I also urge you, if you haven’t yet found your mindfulness programme, or your walking or gardening equivalent, to keep searching for that thing in your life that makes you instantly unwind. Once you have found it, hold it tight, and bring it into your life on a daily basis. Ten minutes is enough if you can’t spare more. It has been quite life changing for me.

To read more about Jai’s garden and design philosophy, click here to be directed to his website.

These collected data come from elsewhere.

-- ===== src/RpcQueue/Dispatch.antt =====
-- How the calls that move tasks and idle processes change the view of the shared rings.
use nginx_rpc.Common.{
  ℕ, ◌≡◌, ◌≢◌, refl, sym, subst, true, some, List, [], ◌∷◌, ◌++◌, map, All, All-append, All-mono,
  NotIn, Apart, Apart-cons, put, put_self, put_ne, arith, ℕ_discrete,
}
use nginx_rpc.Ring.{Node, Links, idles, idle, head, task}
use nginx_rpc.Ring.Chain.{IsRing}
use nginx_rpc.Ring.Frame.{SameOutside}
use nginx_rpc.Ring.Push.{link_front, link_front-IsRing, link_front-SameOutside}
use nginx_rpc.Ring.Pop.{unlink_first, unlink_first-IsRing, unlink_first-SameOutside}
use nginx_rpc.Memory.{signal, ok, error, done, Memory, signal, QueueMacros}
use nginx_rpc.Memory.Macros.{empty-nil, empty-cons}
use nginx_rpc.Notify.{push_task}
use nginx_rpc.Notify.Fifo.{Pending, push_task-SameOutside, push_task-Pending, unlink_first-Pending}
use nginx_rpc.RpcQueue.{take_idle, push_and_notify}
use nginx_rpc.RpcQueue.View.{
  View, Represents, Unplaced, enqueue, dequeue, with_idle, NotIn-idles, idle-frame, Pending-frame,
  Pending-frame_idle,
}

-- A family of lists of which one is replaced.
module _ (P : ℕ → List ℕ → Type 0) (f : ℕ → List ℕ) (n : ℕ) (ts : List ℕ) where
  pub put_elim : P n ts → ((k : ℕ) → k ≢ n → P k (f k)) → (k : ℕ) → P k (put f n ts k)
  put_elim here there k = elim (ℕ_discrete k n) [
    | yes e ↦ subst (λ j. P j (put f n ts j)) (sym e) (subst (P n) (sym (put_self f n ts)) here)
    | no ne ↦ subst (P k) (sym (put_ne f n k ts ne)) (there k ne)
  ]

Apart-sym : (xs ys : List ℕ) → Apart xs ys → Apart ys xs
Apart-sym xs [] h = tt
Apart-sym xs (y ∷ ys) h = (
  out xs h,
  Apart-sym xs ys (All-mono (λ x. NotIn x (y ∷ ys)) (λ x. NotIn x ys) xs (λ a o. o.1) h),
)
  where
    out : (zs : List ℕ) → Apart zs (y ∷ ys) → NotIn y zs
    out [] h = tt
    out (z ∷ zs) h = ((λ e. h.0.0 (sym e)), out zs h.1)

Apart-append_one : (xs ys : List ℕ) (t : ℕ) → Apart xs ys → NotIn t ys → Apart (xs ++ t ∷ []) ys
Apart-append_one xs ys t h out = All-append (λ x. NotIn x ys) xs (t ∷ []) h (out, tt)

-- Replacing one pending list by tasks that are apart from the others keeps the lists unshared.
unshared-put :
    (v : View) (n : ℕ) (ts : List ℕ)
    → ((i j : ℕ) → i ≢ j → Apart (v.pending i) (v.pending j))
    → ((k : ℕ) → k ≢ n → Apart ts (v.pending k))
    → (i j : ℕ) → i ≢ j
    → Apart (put v.pending n ts i) (put v.pending n ts j)
unshared-put v n ts old new i j ne =
    put_elim (λ i us. i ≢ j → Apart us (put v.pending n ts j)) v.pending n ts
      (λ nj.
        put_elim (λ j ws. n ≢ j → Apart ts ws) v.pending n ts (λ nn. absurd (nn refl))
          (λ k kn _. new k kn) j nj)
      (λ k kn kj.
        put_elim (λ j ws. k ≢ j → Apart (v.pending k) ws) v.pending n ts
          (λ _. Apart-sym ts (v.pending k) (new k kn)) (λ o on ko. old k o ko) j kj)
      i ne

-- A change of the ring of notify `n` alone, which writes at its head and at the tasks `ws`.
replace-Represents :
    {l l' : Links} (v : View) (n : ℕ) (ts ws : List ℕ)
    → SameOutside (head n ∷ map task ws) l l'
    → Pending l' n ts
    → ((k : ℕ) → k ≢ n → Apart (v.pending k) ws × Apart ts (v.pending k))
    → Represents l v
    → Represents l' (dequeue n ts v)
replace-Represents {l'} v n ts ws same here apart r = record {
  idle_ring = idle-frame v.idle n ws same r.idle_ring;
  idle_live = r.idle_live;
  pending_ring =
      put_elim (λ k us. v.live k ≡ true → Pending l' k us) v.pending n ts (λ _. here)
        (λ k ne is. Pending-frame n k ws same ne (apart k ne).0 (r.pending_ring k is));
  unshared = unshared-put v n ts r.unshared (λ k ne. (apart k ne).1);
}

-- ngx_rpc_notify_push_task, for a task that waits nowhere.
pub push_task-Represents :
    (m : Memory) (v : View) (n t : ℕ)
    → v.live n ≡ true
    → Unplaced t v
    → Represents m.links v
    → Represents (push_task n (task t) m).1.links (enqueue n t v)
push_task-Represents m v n t is out r =
    replace-Represents v n (v.pending n ++ t ∷ []) (t ∷ v.pending n) written
      (push_task-Pending m t (out n) (r.pending_ring n is))
      (λ k ne.
        let other = r.unshared n k (λ e. ne (sym e)) in
        (
          Apart-cons (v.pending k) (v.pending n) t (out k) (r.unshared k n ne),
          Apart-append_one (v.pending n) (v.pending k) t other (out k),
        ))
      r
  where
    written :
        SameOutside (head n ∷ map task (t ∷ v.pending n)) m.links (push_task n (task t) m).1.links
    written = push_task-SameOutside m n t (v.pending n) (r.pending_ring n is)

-- ngx_rpc_notify_pop_task at a notify where a task waits.
pub unlink_first-Represents :
    {l : Links} (v : View) (n t : ℕ) (ts : List ℕ)
    → v.live n ≡ true
    → v.pending n ≡ t ∷ ts
    → Represents l v
    → Represents (unlink_first (head n) (task t) l) (dequeue n ts v)
unlink_first-Represents {l} v n t ts is e r =
    let first = subst (Pending l n) e (r.pending_ring n is) in
    replace-Represents v n ts (t ∷ ts) (unlink_first-SameOutside first.ring)
      (unlink_first-Pending first)
      (λ k ne. (
        subst (Apart (v.pending k)) e (r.unshared k n ne),
        (subst (λ us. Apart us (v.pending k)) e (r.unshared n k (λ i. ne (sym i)))).1,
      ))
      r

-- A change of the idle ring alone.
idle-Represents :
    {l l' : Links} (v : View) (ns ws : List ℕ)
    → SameOutside (idles ∷ map idle ws) l l'
    → IsRing l' idles (map idle ns)
    → All (λ n. v.live n ≡ true) ns
    → Represents l v
    → Represents l' (with_idle ns v)
idle-Represents v ns ws same ring live r = record {
  idle_ring = ring;
  idle_live = live;
  pending_ring = λ k is. Pending-frame_idle ws same (r.pending_ring k is);
  unshared = r.unshared;
}

-- The writes with which ngx_proc_rpc_process_one_cycle offers a process that is not offered yet.
pub link_front-Represents :
    {l : Links} (v : View) (n : ℕ)
    → v.live n ≡ true
    → NotIn n v.idle
    → Represents l v
    → Represents (link_front idles (idle n) l) (with_idle (n ∷ v.idle) v)
link_front-Represents {l} v n is out r =
    idle-Represents v (n ∷ v.idle) (n ∷ v.idle)
      (λ a o. link_front-SameOutside (idle n) r.idle_ring a (o.1.0, (o.0, o.1.1)))
      (link_front-IsRing (idle n) ((λ e. cc), NotIn-idles n v.idle out) r.idle_ring)
      (is, r.idle_live) r

take_idle-unlink_first :
    (l : Links) (node : Node) → node ≢ idles → take_idle node l ≡ unlink_first idles node l
unfolding take_idle unlink_first
take_idle-unlink_first l node ne = ground arith

-- The writes with which ngx_rpc_queue_push_and_notify takes the first idle process.
pub take_idle-Represents :
    {l : Links} (v : View) (n : ℕ) (ns : List ℕ)
    → v.idle ≡ n ∷ ns
    → Represents l v
    → Represents (take_idle (idle n) l) (with_idle ns v)
take_idle-Represents {l} v n ns e r =
    let first = subst (λ is. IsRing l idles (map idle is)) e r.idle_ring in
    rw (take_idle-unlink_first l (idle n) (λ i. cc)) (
      idle-Represents v ns (n ∷ ns) (unlink_first-SameOutside first) (unlink_first-IsRing first)
        (subst (All (λ k. v.live k ≡ true)) e r.idle_live).1 r)

-- With no idle process, ngx_rpc_queue_push_and_notify fails and changes nothing.
pub push_and_notify-nil :
    (queue : QueueMacros) (m : Memory) (v : View) (t : ℕ)
    → Represents m.links v
    → v.idle ≡ []
    → push_and_notify queue t m ≡ done (error, m)
unfolding push_and_notify
push_and_notify-nil queue m v t r e =
    rw (empty-nil queue (subst (λ is. IsRing m.links idles (map idle is)) e r.idle_ring))

-- What ngx_rpc_queue_push_and_notify leaves when `n` is the first idle process.
abbrev pub handed : ℕ → ℕ → Memory → Memory
handed n t m =
    (push_task n (task t) (record m {
      links = take_idle (idle n) m.links;
      task = put m.task t (record (m.task t) { proc_notify = some n });
    })).1

pub push_and_notify-cons :
    (queue : QueueMacros) (m : Memory) (v : View) (t n : ℕ) (ns : List ℕ)
    → Represents m.links v
    → v.idle ≡ n ∷ ns
    → push_and_notify queue t m ≡ done (ok, handed n t m)
unfolding push_and_notify push_task
push_and_notify-cons queue m v t n ns r e =
    let first = subst (λ is. IsRing m.links idles (map idle is)) e r.idle_ring in
    rw (empty-cons queue first, first.chain.0) refl

pub handed-Represents :
    (m : Memory) (v : View) (t n : ℕ) (ns : List ℕ)
    → Unplaced t v
    → Represents m.links v
    → v.idle ≡ n ∷ ns
    → Represents (handed n t m).links (enqueue n t (with_idle ns v))
handed-Represents m v t n ns out r e =
    push_task-Represents _ (with_idle ns v) n t (subst (All (λ k. v.live k ≡ true)) e r.idle_live).0
      out (take_idle-Represents v n ns e r)

-- While a process is offered as idle, ngx_rpc_queue_push_and_notify succeeds: the task, which waits
-- nowhere yet, waits behind the other tasks of the first idle process, which is no longer offered
-- and is signalled once; the task says which process has it.
pub push_and_notify-Represents :
    (queue : QueueMacros) (m : Memory) (v : View) (t n : ℕ) (ns : List ℕ)
    → Unplaced t v
    → Represents m.links v
    → v.idle ≡ n ∷ ns
    → (m' : Memory) × (push_and_notify queue t m ≡ done (ok, m'))
      × Represents m'.links (enqueue n t (with_idle ns v))
      × ((m'.task t).proc_notify ≡ some n)
      × (m'.effects ≡ m.effects ++ signal (m.notify n).event_fd ∷ [])
unfolding push_task
push_and_notify-Represents queue m v t n ns out r e = (
  handed n t m,
  push_and_notify-cons queue m v t n ns r e,
  handed-Represents m v t n ns out r e,
  rw put_self refl,
  refl,
)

13 thoughts on “What’s your ‘thing’?

  1. Adriana says:

    As a writer, I am always editing and analysing writing (my own and that of others). When I open the pages of a good novel, I know almost instantly if this book will engage me to the end. I don’t analyse the writing (the words used, the grammar) in a good book – I forget all about the writing and allow myself to flow along with the story. I think good garden design is the same – you become lost in the garden rather than analysing its design. Jai’s show garden seems to have achieved this – such a shame I didn’t see it, sounds like it may have been one that captured my senses too Janna.

  2. rusty duck says:

    The calming effect of the trees and the different shades of green certainly resonates with me. It’s an interesting concept to view the same space from four sides and it must give a much greater sense of connection than might be achieved from seeing it from a single viewpoint only. A real challenge for the designer though!

    • jannaschreier says:

      Exactly right! So much harder to design when it’s got to look good from every angle, but he definitely managed it; no window felt like the back window. If you look closely you will see Jai actually had just three windows in the original concept, but I think four completely transformed it. It feels less staged when viewed from all four sides.

  3. mattb325 says:

    What a great little space. It is a real win for the designer who has managed to get four different garden vistas from such a small space (which incidentally, doesn’t feel small at all). The wonderful soothing effect that can only be achieved with complex layering and the play of light. This design works so well! Great post 🙂

    • jannaschreier says:

      Jai is also an architect (of the landscape variety) and so your brains obviously work in similar ways! I’m just a common or garden garden designer so it’s nice to see you agree (I’m also quite pleased to have found a perfectly justifiable reason for using the word ‘garden’ twice in a row!).

  4. Catherine says:

    What an excellent analysis Janna. The thing that struck me about Jai’s garden was how, when I looked at it, I didn’t need, or even want, to be in it. My test of a ‘good’ garden is usually whether it has good spaces and shapes for people but with this one, it felt more like a 3-dimensional diorama that I wanted to look at over and over – as you also found. I could see it as a tiny garden outside a window. It also showed the immense power of the constrained vista – the less you could see to start with, the more you wanted to see it all.

    • jannaschreier says:

      Love your ibook, Jai; it captures the essence of your design beautifully. Thanks for sharing the link to it. I thought of you a couple of days ago when I visited an outstanding Japanese garden in Vancouver. Will be posting a write up about it soon. If you haven’t been you must put it on your list!